During the fourth race weekend in 2015 at Barber Motorsports Park, Newgarden earned his first IndyCar Series victory at the 2015 Honda Indy Grand Prix of Alabama, moving up from fifth to second place on the first lap of the race, and leading the most laps on his way to a 2.2-second win.

Newgarden would win again that season at the 2015 Honda Indy Toronto and finished the 2015 season seventh in the standings with 431 points.

=== Ed Carpenter Racing (2016) ===
In 2015, Sarah Fisher ended her participation in IndyCar, with Newgarden remaining with the team again known as Ed Carpenter Racing. Newgarden started the 2016 season with a podium at the 2016 Honda Indy Grand Prix of Alabama at Barber Motorsports Park. He just missed qualifying for the pole position at the 2016 Indy 500 and instead started in the middle of the front row. He finished third in the 100th running of the Indianapolis 500.

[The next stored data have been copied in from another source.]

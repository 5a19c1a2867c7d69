-- ===== src/Engine/Auction/Running.antt =====
-- The two passes of running sums give the exact supply and demand at each candidate.
use fair_cross.Prelude.{
  ℕ, ◌+◌, ◌<◌, ◌≡◌, refl, Bool, true, not, ◌&&◌, ◌||◌, ltb, leb, ◌==◌, if◌then◌else◌, List, [], ◌∷◌,
  map, contains, All, All-map, arith,
}
use fair_cross.Domain.Error.{ok}
use fair_cross.Domain.Words.{Price}
use fair_cross.Domain.Order.{Order, Side, buy, sell, invalid, is_buy, is_sell}
use fair_cross.Domain.Qty.{checked_add_fits}
use fair_cross.Engine.Auction.{running_up, running_down, bids_at, offers_at}
use fair_cross.Engine.Auction.Totals.{
  weight, total, demand, supply, HasSide, Fits, demand-le-buying, supply-le-not_buying,
}
use fair_cross.Engine.Auction.Candidates.{IsAscending, above_head}
use fair_cross.Engine.Auction.Bucketing.{buys_at, sells_at}

-- The price is below the first of the candidates, or one of them.
abbrev Placed : List Price → Price → Type 0
Placed [] p = Unit
Placed (c ∷ cs) p = (ltb p c || contains p (c ∷ cs)) ≡ true

Placed-tail :
    (c : Price) (cs : List Price) (p : Price)
    → All (λ q. c < q) cs
    → Placed (c ∷ cs) p
    → Placed cs p
Placed-tail c [] p a h = tt
Placed-tail c (d ∷ cs) p a h = ground arith

-- No buy order lies above the last candidate.
abbrev sell_below : Price → Order → Bool
sell_below c o = is_sell o.side && ltb o.price c

-- The sell quantity before the first candidate.
abbrev supply_before : List Order → List Price → ℕ
supply_before os [] = 0
supply_before os (c ∷ cs) = total (sell_below c) os

sell_step :
    (s : Side) (o : Order) (c : Price)
    → (is_buy s || is_sell s) ≡ true
    → (if is_sell s && leb o.price c then o.qty else 0)
      ≡ (if is_sell s && ltb o.price c then o.qty else 0)
        + (if not (is_buy s) && o.price == c then o.qty else 0)
sell_step buy o c h = omega arith
sell_step sell o c h = ground arith
sell_step (invalid n) o c h = cc

-- The supply at a candidate is what lies below it and what lies at it.
supply_split :
    (os : List Order) (c : Price)
    → All HasSide os
    → supply os c ≡ total (sell_below c) os + total (sells_at c) os
supply_split [] c h = omega arith
supply_split (o ∷ os) c h = omega (arith, sell_step o.side o c h.0, supply_split os c h.1)

-- Between neighbouring candidates lies no order.
supply_next :
    (os : List Order) (c d : Price) (cs : List Price)
    → IsAscending (c ∷ d ∷ cs)
    → All (λ o. Placed (c ∷ d ∷ cs) o.price) os
    → total (sell_below d) os ≡ supply os c
supply_next [] c d cs a h = refl
supply_next (o ∷ os) c d cs a h = omega (arith, same, supply_next os c d cs a h.1)
  where
    same : weight (sell_below d) o ≡ weight (offers_at c) o
    same = ground (arith, h.0, a.0.0, above_head o.price d cs a.1.0)

pub running_up_from :
    (os : List Order) (cs : List Price)
    → All HasSide os
    → Fits os
    → IsAscending cs
    → All (λ o. Placed cs o.price) os
    → running_up (supply_before os cs) (map (λ c. total (sells_at c) os) cs)
      ≡ ok (map (supply os) cs)
unfolding running_up
running_up_from os [] hs fits a h = refl
running_up_from os (c ∷ []) hs fits a h = ground (
  arith,
  supply_split os c hs,
  supply-le-not_buying os c,
  checked_add_fits (total (sell_below c) os) (total (sells_at c) os),
)
running_up_from os (c ∷ d ∷ cs) hs fits a h = ground (
  arith,
  supply_split os c hs,
  supply-le-not_buying os c,
  checked_add_fits (total (sell_below c) os) (total (sells_at c) os),
  supply_next os c d cs a h,
  running_up_from os (d ∷ cs) hs fits a.1 (
      All-map {P = λ o. Placed (c ∷ d ∷ cs) o.price} (λ o p. Placed-tail c (d ∷ cs) o.price a.0 p)
        os h),
)

-- The demand at the first candidate, zero if there is none.
abbrev demand_after : List Order → List Price → ℕ
demand_after os [] = 0
demand_after os (c ∷ cs) = demand os c

demand_split :
    (os : List Order) (c : Price) (cs : List Price)
    → IsAscending (c ∷ cs)
    → All (λ o. Placed (c ∷ cs) o.price) os
    → demand os c ≡ demand_after os cs + total (buys_at c) os
demand_split [] c [] a h = omega arith
demand_split [] c (d ∷ cs) a h = omega arith
demand_split (o ∷ os) c [] a h = omega (arith, same, demand_split os c [] a h.1)
  where
    same : weight (bids_at c) o ≡ weight (buys_at c) o
    same = ground (arith, h.0)
demand_split (o ∷ os) c (d ∷ cs) a h = omega (arith, same, demand_split os c (d ∷ cs) a h.1)
  where
    same : weight (bids_at c) o ≡ weight (bids_at d) o + weight (buys_at c) o
    same = ground (arith, h.0, a.0.0, above_head o.price d cs a.1.0)

pub running_down_from :
    (os : List Order) (cs : List Price)
    → Fits os
    → IsAscending cs
    → All (λ o. Placed cs o.price) os
    → running_down (map (λ c. total (buys_at c) os) cs)
      ≡ ok (demand_after os cs, map (demand os) cs)
unfolding running_down
running_down_from os [] fits a h = refl
running_down_from os (c ∷ cs) fits a h = ground (
  arith,
  demand_split os c cs a h,
  demand-le-buying os c,
  checked_add_fits (demand_after os cs) (total (buys_at c) os),
  running_down_from os cs fits a.1
      (All-map {P = λ o. Placed (c ∷ cs) o.price} (λ o p. Placed-tail c cs o.price a.0 p) os h),
)

covered_Placed : (cs : List Price) (p : Price) → contains p cs ≡ true → Placed cs p
covered_Placed [] p h = tt
covered_Placed (c ∷ cs) p h = ground arith

nothing_below :
    (os : List Order) (c : Price) (cs : List Price)
    → IsAscending (c ∷ cs)
    → All (λ o. contains o.price (c ∷ cs) ≡ true) os
    → total (sell_below c) os ≡ 0
nothing_below [] c cs a h = refl
nothing_below (o ∷ os) c cs a h = omega (arith, none_here, nothing_below os c cs a h.1)
  where
    none_here : weight (sell_below c) o ≡ 0
    none_here = ground (arith, h.0, above_head o.price c cs a.0)

module _ (os : List Order) (cs : List Price) (fits : Fits os) (a : IsAscending cs)
    (cover : All (λ o. contains o.price cs ≡ true) os) where
  placed : All (λ o. Placed cs o.price) os
  placed = All-map {P = λ o. contains o.price cs ≡ true} (λ o. covered_Placed cs o.price) os cover

  -- The upward pass starts from zero.
  pub running_up_exact :
      All HasSide os → running_up 0 (map (λ c. total (sells_at c) os) cs) ≡ ok (map (supply os) cs)
  running_up_exact hs = ground (arith, before cs a cover, running_up_from os cs hs fits a placed)
    where
      before :
          (ds : List Price)
          → IsAscending ds
          → All (λ o. contains o.price ds ≡ true) os
          → supply_before os ds ≡ 0
      before [] b h = refl
      before (c ∷ ds) b h = nothing_below os c ds b h

  pub running_down_exact :
      running_down (map (λ c. total (buys_at c) os) cs)
      ≡ ok (demand_after os cs, map (demand os) cs)
  running_down_exact = running_down_from os cs fits a placed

At the 2016 Firestone 600 at Texas Motor Speedway, Newgarden was injured in a crash that saw him breaking his hand and clavicle. Nevertheless, he returned to the car two weeks later, finishing in a top-ten spot at the 2016 Kohler Grand Prix at Road America.

Then, 28 days after his crash at Texas, Newgarden won the 2016 Iowa Corn 300 in dominating fashion by leading 282 of 300 laps.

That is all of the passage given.